Antigen-presenting cells in the thymus include various hematopoietic and nonhematopoietic cells. In addition to cTECs and mTECs, CD11c⁺ DCs and CD19⁺ B cells abundantly express MHC-I molecules and play an important role in antigen presentation for the establishment of T cell self-tolerance in the thymus (Fig. 5 A; Gallegos and Bevan, 2004; Fujihara et al., 2014; Yamano et al., 2015). On the contrary, other thymic cells, including thymocytes and fibroblasts, expressed limited amounts of MHC-I molecules (Fig. 5 A), playing no or a minimal role in inducing the MHC-I–dependent positive selection of CD8⁺ T cells (Anderson et al., 1994; Laufer et al., 1996; Chidgey et al., 1998; Lilic, et al., 2002), although thymocytes could induce the MHC-I–dependent negative selection of neighboring thymocytes (Schönrich et al., 1993; Melichar et al., 2015). To examine the involvement of hematopoietic cells, including DCs and B cells, in thymoproteasome-dependent CD8⁺ T cell production, embryonic thymus lobes were treated with 2′-deoxyguanosine (dGuo) to deplete hematopoietic cells, including thymocytes, DCs, and B cells, and were reconstituted with immature hematopoietic cells isolated from β2-microglobulin (β2m)–deficient mice, which lacked the surface expression of peptide–MHC-I complexes (Koller et al., 1990). Indeed, DCs, B cells, and other hematopoietic cells in the reconstituted thymus were defective in the surface expression of MHC-I (Fig. 5 B), and the surface MHC-I expression in the reconstituted thymus was limited to TECs, including β5t^Venus+ cTECs (Fig. 5 B). We found that the thymus reconstituted with β2m-deficient hematopoietic cells still was significantly impaired in the development of CD4⁻CD8⁺ TCRβ^high thymocytes in β5t-deficient thymus, even in the absence of relB-dependent mTECs (Fig. 5, C and D). The reduction in cell number by the loss of β5t was specific to CD4⁻CD8⁺ TCRβ^high thymocytes, as the numbers of CD4⁺CD8⁺ and CD4⁺CD8⁻ TCRβ^high thymocytes were comparable in the absence or presence of β5t (Fig. 5, C and D). We also noticed that the number of CD4⁻CD8⁺ TCRβ^high thymocytes was reduced by the loss of relB in the thymus (Fig. 5, C and D), which agreed with the reduction of H-2D^b expression by β5t⁺ cTECs in relB-deficient thymus (Fig. 5 B).

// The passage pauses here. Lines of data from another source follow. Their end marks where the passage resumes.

-- ===== src/Tracker/Peers/Join.antt =====
-- `add_peer`
use dart_sync.Base.{
  ℕ, suc, zero, ◌<◌, ◌≡◌, refl, ◌≢◌, ◌⊎◌, inl, inr, Bool, true, false, ◌&&◌, none, some, List, [],
  ◌∷◌, ◌++◌, CString, ◌==◌, if◌then◌else◌, arith, ok, length, Bool-cases,
}
use dart_sync.Tracker.Peers.{Ptr, null, Heap, Peers, write, find_last, new_peer, add_peer}
use dart_sync.Tracker.Peers.Chain.{
  Cell, away, stored, Chain, IsPeers, load-ok, write_self, away_of_unused,
}

-- Some node but the last one has the socket.
abbrev pub in_front : ℕ → List Cell → Bool
in_front sock [] = false
in_front sock (c ∷ []) = false
in_front sock (c ∷ d ∷ xs) = if c.sock == sock then true else in_front sock (d ∷ xs)

last_of : Cell → List Cell → Cell
last_of c [] = c
last_of c (d ∷ xs) = last_of d xs

find_last_lem :
    (k : ℕ) (h : Heap) (sock : ℕ) (c : Cell) (xs : List Cell)
    → length xs < k
    → Chain h (c ∷ xs)
    → find_last k h sock c.addr
      ≡ ok (if in_front sock (c ∷ xs) then none else some (last_of c xs).addr)
unfolding find_last last_of
find_last_lem zero h sock c xs fuel ch = absurd (omega arith)
find_last_lem (suc k) h sock c [] fuel ch = rw (load-ok h c.addr _ (ch.0) (ch.2))
find_last_lem (suc k) h sock c (d ∷ xs) fuel ch =
    rw (load-ok h c.addr _ (ch.0) (ch.2))
      (ground (arith, ch.3.0, find_last_lem k h sock d xs (omega arith) (ch.3)))

last_of-stored :
    (h : Heap) (c : Cell) (xs : List Cell)
    → Chain h (c ∷ xs)
    → ((last_of c xs).addr ≢ null) × (h (last_of c xs).addr ≡ some (stored (last_of c xs) null))
unfolding last_of
last_of-stored h c [] ch = (ch.0, ch.2)
last_of-stored h c (d ∷ xs) ch = last_of-stored h d xs (ch.3)

away-last_of :
    (a : Ptr) (c : Cell) (xs : List Cell)
    → away a (c ∷ xs) ≡ true
    → (a == (last_of c xs).addr) ≡ false
unfolding last_of
away-last_of a c [] o = ground arith
away-last_of a c (d ∷ xs) o = away-last_of a d xs (ground arith)

away-append : (a : Ptr) (xs ys : List Cell) → away a (xs ++ ys) ≡ (away a xs && away a ys)
away-append a [] ys = refl
away-append a (x ∷ xs) ys = ground (arith, away-append a xs ys)

abbrev pub joined : Ptr → CString → ℕ → ℕ → Cell
joined fresh ip now sock = record { addr = fresh; ip = ip; last = now; sock = sock }

-- The heap after the last node of the list has been linked to the new one.
linked : Heap → Cell → Cell → Heap
linked h l new = write (write h l.addr (some (stored l new.addr))) new.addr (some (stored new null))

linked-Chain :
    (h : Heap) (new c : Cell) (xs : List Cell)
    → Chain h (c ∷ xs)
    → new.addr ≢ null
    → away new.addr (c ∷ xs) ≡ true
    → Chain (linked h (last_of c xs) new) ((c ∷ xs) ++ new ∷ [])
unfolding last_of linked write
linked-Chain h new c [] ch ne o = (ch.0, ground arith, ground arith, (ne, refl, ground arith, tt))
linked-Chain h new c (d ∷ xs) ch ne o = (
  ch.0,
  rw (away-append c.addr (d ∷ xs) (new ∷ [])) (ground (arith, ch.1)),
  ground (arith, ch.2, away-last_of c.addr d xs (ch.1)),
  linked-Chain h new d xs (ch.3) ne (ground arith),
)

-- With an unused fresh address and enough rounds add_peer appends the peer to the list and returns
-- 1, or returns -1 and changes nothing if a peer before the last has the socket.
pub add_peer_lem :
    (rounds fresh now sock : ℕ) (ip : CString) (ps : Peers) (xs : List Cell)
    → IsPeers ps xs
    → fresh ≢ null
    → ps.heap fresh ≡ none
    → length xs < rounds
    → (in_front sock xs ≡ true) × (add_peer rounds fresh now ps sock ip ≡ ok (false, ps))
      ⊎ (in_front sock xs ≡ false)
        × ((ps' : Peers) × (add_peer rounds fresh now ps sock ip ≡ ok (true, ps'))
            × IsPeers ps' (xs ++ joined fresh ip now sock ∷ [])
            × (ps'.closed ≡ ps.closed))
unfolding add_peer
add_peer_lem rounds fresh now sock ip ps [] w ne unused fuel = inr (
  refl,
  (
    record ps { heap = write ps.heap fresh (some (new_peer ip now sock)); peer_head = fresh },
    rw w.head,
    record { head = refl; chain = (ne, refl, write_self ps.heap fresh _, tt) },
    refl,
  ),
)
add_peer_lem rounds fresh now sock ip ps (c ∷ xs) w ne unused fuel =
    elim (Bool-cases (in_front sock (c ∷ xs))) [
      | inl e ↦ inl (e, rw (some_head, found) (rw e))
      | inr e ↦ inr (
        e,
        (
          record ps { heap = linked ps.heap (last_of c xs) (joined fresh ip now sock) },
          rw (some_head, found)
              (rw (e, load-ok ps.heap (last_of c xs).addr _ at_last.0 at_last.1)
                (unfold linked in refl)),
          record {
            head = w.head;
            chain =
                linked-Chain ps.heap (joined fresh ip now sock) c xs w.chain ne
                  (away_of_unused ps.heap fresh (c ∷ xs) unused w.chain);
          },
          refl,
        ),
      )
    ]
  where
    some_head : (ps.peer_head == null) ≡ false
    some_head = ground (arith, w.head, w.chain.0)

    found :
        find_last rounds ps.heap sock ps.peer_head
        ≡ ok (if in_front sock (c ∷ xs) then none else some (last_of c xs).addr)
    found = rw w.head (find_last_lem rounds ps.heap sock c xs (omega arith) w.chain)

    at_last :
        ((last_of c xs).addr ≢ null)
        × (ps.heap (last_of c xs).addr ≡ some (stored (last_of c xs) null))
    at_last = last_of-stored ps.heap c xs w.chain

These results indicate that the thymoproteasome expressed by cTECs optimizes CD8⁺ T cell production even in the absence of additional antigen-presenting cells, including mTECs, DCs, and B cells, and in the absence of the thymic medullary microenvironment. The results also reveal that the function of relB in TECs is not limited to the development of mTECs but includes the elevation of cell-surface MHC-I expression in cTECs.

Our results so far indicate that the thymoproteasome expressed by cTECs affects the TCR repertoire of cortical thymocytes and optimizes CD8⁺ T cell production independent of additional antigen-presenting cells. These results argue against the contribution of the thymic medulla–dependent mechanism in the thymoproteasome-mediated optimization of CD8⁺ T cells. However, the negative selection of thymocytes is detected even in the thymic cortex (Stritesky et al., 2013), and it is controversial how the negative selection contributes to thymoproteasome-dependent T cell development (Xing et al., 2013; Kincaid et al., 2016). We finally examined the contribution of the negative selection to thymoproteasome-dependent CD8⁺ T cell production in the thymic cortex. To assess this, we crossed β5t-deficient mice to proximal Lck promoter–driven Bcl-2 transgenic mice, in which thymocyte negative selection is prevented by inhibiting proapoptotic BH3-only family proteins, including Bim and Puma (Sentman et al., 1991; Pobezinsky et al., 2012). The mice were additionally crossed to I-Aβ–deficient mice, which lack cell-surface MHC-II expression and thereby lack TCR-mediated selection and development of CD4⁺ lineage T cells (Cosgrove et al., 1991) to specifically detect MHC-I–dependent selection and development of CD4⁺CD8⁺ thymocytes toward CD8⁺ lineage T cells (Fig. 6 A). In the absence of MHC-II, and therefore the absence of CD4⁺ lineage thymocyte selection events, we found that the absence of β5t significantly decreased the generation of positively selected thymocytes, even at the earliest CD4⁺CD8⁺ CD69⁺CCR7⁻ cortical stage (Fig. 6, A and B), indicating that the thymoproteasome optimizes the MHC-I–dependent positive selection of cortical thymocytes. We further found that the lack of β5t decreased positively selected CD8⁺ lineage thymocytes at the CD4⁺CD8⁺ CD69⁺CCR7⁻ cortical stage equivalently in the presence or absence of anti-apoptotic Bcl-2 (Fig. 6, B and C). These results indicate that the thymoproteasome optimizes the MHC-I–dependent positive selection of cortical thymocytes before migration to the thymic medulla and independent of apoptosis-mediated negative selection.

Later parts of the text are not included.